Although this one-off, small-scale study in China is a groundbreaking proof of concept, the authors emphasise the need for extensive follow-up research. We are now going to test in multiple centres, different stages of Parkinson's disease and diverse ethnic groups to confirm its practical value," said lead researcher Hao Dong. If the results are positive, the combination of earwax profiling and AI screening could become a method for early Parkinson's detection that can even be performed by a general practitioner.

Early diagnosis could ultimately lead to targeted interventions, lower healthcare costs and better patient outcomes. By linking an everyday biological sample to advanced AI analysis, this method fits seamlessly with the trend towards affordable, non-invasive diagnostics in neurology. With the global prevalence of Parkinson's disease on the rise, earwax-based screening could offer a scalable solution to detect the disease earlier and more accurately than ever before.

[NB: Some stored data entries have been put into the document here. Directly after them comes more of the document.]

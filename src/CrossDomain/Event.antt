-- ===== src/CrossDomain/Event.antt =====
-- src/cloudnative_threatguard/correlation/cross_domain/models/event.py: the normalized event.
use cloud_native_threat_guar.Prelude.{ℕ, String, Option, none, some, if◌then◌else◌}
use cloud_native_threat_guar.Prelude.Json.{Fields}
use cloud_native_threat_guar.Prelude.Text.{truthy}

pub data EventSource : Type 0 where
  cloudgraphguard threatguard : EventSource

pub data EventType : Type 0 where
  iam_risk runtime_detection admission_violation network_detection incident attack_simulation :
      EventType

pub data CloudProvider : Type 0 where
  aws kubernetes gcp azure : CloudProvider

pub data Severity : Type 0 where
  low medium high critical : Severity

-- `risk_score` is in the units of Prelude/Points, and `confidence` in hundredths.
pub record UnifiedSecurityEvent : Type 0 where
  pub schema_version : String
  pub event_id : String
  pub timestamp : String
  pub source : EventSource
  pub event_type : EventType
  pub provider : CloudProvider
  pub cluster_id : Option String
  pub account_id : Option String
  pub principal_id : Option String
  pub principal_arn : Option String
  pub role_arn : Option String
  pub namespace : Option String
  pub workload : Option String
  pub pod : Option String
  pub service_account : Option String
  pub resource_id : Option String
  pub resource_arn : Option String
  pub action : Option String
  pub severity : Severity
  pub risk_score : ℕ
  pub confidence : ℕ
  pub detection_rule : Option String
  pub description : String
  pub evidence : Fields
  pub metadata : Fields

-- `x or y` of optional texts: the first operand if it is there and not empty.
abbrev pub or_option : Option String → Option String → Option String
or_option none y = y
or_option (some s) y = if truthy s then some s else y

-- `x or "text"`
abbrev pub or_text : Option String → String → String
or_text none t = t
or_text (some s) t = if truthy s then s else t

Early Parkinson's diagnosis

A great deal of research is being conducted worldwide into methods for detecting Parkinson's at the earliest possible stage. Earlier this year, researchers at the Cleveland Clinic Genome Centre presented an innovative application of AI-driven systems biology to identify risk genes for Parkinson's disease. By linking genetic variants to brain-specific DNA and protein interaction data, they discovered which genes are affected by changes in non-coding DNA regions. Known genes such as SNCA and LRRK2 were confirmed as key players in neuroinflammation.

Another development in this context was the discovery that the retinas of people with Parkinson's disease respond differently to light stimuli than those of healthy subjects. In a study, electroretinography (using an electrode on the lower eyelid) was used to measure the retinal response in 20 recently diagnosed patients and an age-matched healthy control group. Clear differences were found, suggesting that retinal examination could serve as a non-invasive biomarker for early Parkinson's detection.